[comp.os.mach] External Pager Questions

francis@sirius.ucs.adelaide.edu.au (Francis Vaughan) (03/17/90)

A few people have recently requested info,or better, examples of external
pagers. I would second that request. I didn't see any replys on the net,
but if there has been some email conversations on the subject I would be
most grateful if I could get a summary.

Next a few questions on some finer points.

The Kernel Interface Manual refers to the external pager as a task. Is
there any inherent reason why it cannot be a thread within the same task as
the client for the externally paged memory object? (Sure, one would need to
be careful not to touch the memory object from within the pager to avoid a
potential infinite recursion.)

The memory_object_lock_request call allows one to lock a section of a
memory object. A few questions about it.

The manual says that the kernel will not page align the offset parameter.
Can this really be true? (or rather, make sense)

A memory_object_lock is applied to the cached memory (ie the physical
memory) and the memory is locked for access from all clients. How does this
relate to the use of vm_protect? Can I lock access to a section of an
externally paged memory object with vm_protect from a particular set of
tasks whilst leaving it at a different level of protection from others? Is
memory_object_lock_request (when used to protect memory) just shorthand for
vm_protect applied to all client tasks?

If I use vm_protect to deny access to part of a memory object from a
particular task, when that task touched the protected area will a
memory_object_data_unlock call be made on the external pager? (I can see
that this could be a problem at present as there is no parameter that
conveys the identity of the faulting task to the external pager.)

-------

And the reasons for my questions?

I need to catch accesses to pages of memory to build a coherent distributed
persistent data space. The catching mechanism (the external pager) needs to
be able to write onto the memory object it is serving, however it needs to
catch (when appropriate) read and writes to the page. Hence we deny access
to the page and wait for a memory_object_data_unlock call. However it
cannot write to the page (it is still locked) and it cannot unlock the
memory without violating the timing of the coherency logic (it must finish
updating the page before allowing the faulting task access to the page, and
there may be more than one thread running in the faulting task. So far the
external pager interface seems to just, but not quite have enough
functionality.

PS. A while ago I posted some questions about the use of the inode pager
and its relative merits. To date I have not seen a word in reply. Surely
someone has got something to say, I'll repost the questions if anyone
wants.



						Regards,
Dept of Computer Science                        Francis Vaughan
University of Adelaide                          francis@cs.ua.oz.au
South Australia

af@spice.cs.cmu.edu (Alessandro Forin) (03/19/90)

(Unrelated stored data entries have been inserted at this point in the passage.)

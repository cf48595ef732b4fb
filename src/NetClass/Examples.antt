-- ===== src/NetClass/Examples.antt =====
-- The pairs of a small board.
use emi_analyzer.Base.{
  ℕ, zero, suc, ◌≤◌, Bool, true, false, none, some, List, [], ◌∷◌, ◌⊎◌, inl, refl, Text, text_eq,
  codes, count, All,
}
use emi_analyzer.NetClass.{Library, Class, Classes, find_pairs}
use emi_analyzer.NetClass.Pairing.{nets_of, IsPair}
use emi_analyzer.NetClass.Found.{pair_halves, find_pairs_real, find_pairs_once, find_pairs_complete}

abbrev set_if_positive : ℕ → Bool
set_if_positive zero = false
set_if_positive (suc n) = true

-- Patterns match by equality here.
abbrev small : Library
small = record { Float = ℕ; is_set = set_if_positive; zero_mm = 0; fnmatch = text_eq }

abbrev board : List Text
board =
    codes "USB2_DP"
    ∷ codes "CLK_N"
    ∷ codes "CLK_P"
    ∷ codes "USB2_DN"
    ∷ codes "USB2_DM"
    ∷ codes "STEP"
    ∷ []

abbrev usb : Class small
usb = record {
  name = codes "USB";
  track_width_mm = 2;
  diff_pair_width_mm = 2;
  diff_pair_gap_mm = 3;
  via_diameter_mm = 6;
}

abbrev classes : Classes small
classes = record {
  classes = (codes "USB", usb) ∷ [];
  assignment = (codes "USB2_DP", codes "USB") ∷ [];
  patterns = [];
}

find_pairs_real_example :
    All (IsPair board) (pair_halves small (find_pairs small board (some classes)))
find_pairs_real_example = find_pairs_real small board (some classes)

find_pairs_once_example :
    count (codes "USB2_DP") (nets_of (pair_halves small (find_pairs small board (some classes))))
    ≤ 1
find_pairs_once_example = find_pairs_once small board (some classes) (codes "USB2_DP")

find_pairs_complete_example :
    (1 ≤ count (codes "CLK_P") (nets_of (pair_halves small (find_pairs small board none))))
    ⊎ (1 ≤ count (codes "CLK_N") (nets_of (pair_halves small (find_pairs small board none))))
find_pairs_complete_example =
    find_pairs_complete small board none 67 (codes "LK") (codes "_P") (codes "_N")
      (inl (refl, refl)) refl refl
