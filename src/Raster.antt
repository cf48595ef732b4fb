-- ===== src/Raster.antt =====
-- worker/emi_worker/raster.py: the union-find that merges copper islands, and the runs of a row.
pub mod UnionFind
mod Examples
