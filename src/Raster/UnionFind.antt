-- ===== src/Raster/UnionFind.antt =====
-- `_UnionFind` of worker/emi_worker/raster.py. A state is the list `parent`; an index out of range is
-- none, where Python raises IndexError.
pub mod Roots
pub mod Merge
pub mod Total
pub mod Made
use emi_analyzer.Base.{
  ℕ, zero, suc, Bool, Option, none, some, List, [], ◌∷◌, ◌++◌, length, get_elem?, set, ltb, ◌==◌,
  if◌then◌else◌,
}

-- `__init__`
abbrev pub initial : List ℕ
initial = 0 ∷ []

-- `make`: the new label, and the state after it.
unfoldable pub make : List ℕ → ℕ × List ℕ
make parent = (length parent, parent ++ length parent ∷ [])

-- The first loop of `find`, on fuel.
unfoldable pub root_from : ℕ → List ℕ → ℕ → Option ℕ
root_from zero parent x = none
root_from (suc f) parent x = elim (get_elem? parent x) [
  | none ↦ none
  | some y ↦ let rest = root_from f parent y in if y == x then some x else rest
]

-- The second loop of `find`, the path compression.
unfoldable pub compress : ℕ → List ℕ → ℕ → ℕ → Option (List ℕ)
compress zero parent x root = none
compress (suc f) parent x root = elim (get_elem? parent x) [
  | none ↦ none
  | some y ↦
      let rest = compress f (set parent x root) y root in if y == root then some parent else rest
]

infixl 5 ◌>>=◌
abbrev pub ◌>>=◌ {ℓ κ} : {A : Type ℓ} {B : Type κ} → Option A → (A → Option B) → Option B
none >>= f = none
some a >>= f = f a

-- The fuel: a label's parent is never larger, so a path has at most as many labels as there are.
unfoldable pub find : List ℕ → ℕ → Option (ℕ × List ℕ)
find parent x = do
  root ← root_from (length parent) parent x
  after ← compress (length parent) parent x root
  some (root, after)

-- The larger root goes under the smaller one.
abbrev pub join_roots : ℕ → ℕ → List ℕ → Option (ℕ × List ℕ)
join_roots ra rb parent =
    if ra == rb
    then some (ra, parent)
    else if ltb ra rb
    then some (ra, set parent rb ra)
    else some (rb, set parent ra rb)

unfoldable pub union : List ℕ → ℕ → ℕ → Option (ℕ × List ℕ)
union parent a b = do (ra, p1) ← find parent a; (rb, p2) ← find p1 b; join_roots ra rb p2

In article <821@sirius.ucs.adelaide.edu.au>, francis@sirius.ucs.adelaide.edu.au (Francis Vaughan) writes:
> 
> A few people have recently requested info,or better, examples of external
> pagers. I would second that request.

The Mach Netmemoryserver is included in the 2.5 tape, and it is a 
good, working example of an external memory manager providing 
coherent distributed shared memory objects to its clients.

> Is there any inherent reason why it cannot be a thread within the same 
> task as the client for the externally paged memory object? 

None.  I have used this myself in toy programs and works fine.
Only caveat: while debugging the program I got stung by inadvertedly
looking at that memory while, of course, the program was blocked.  Ouch!

> The memory_object_lock_request call allows one to lock a section of a
> memory object.

Weeelll, lock is used here not in the classical mutual exclusion
sense, but rather in the lock-against-read/write access sense.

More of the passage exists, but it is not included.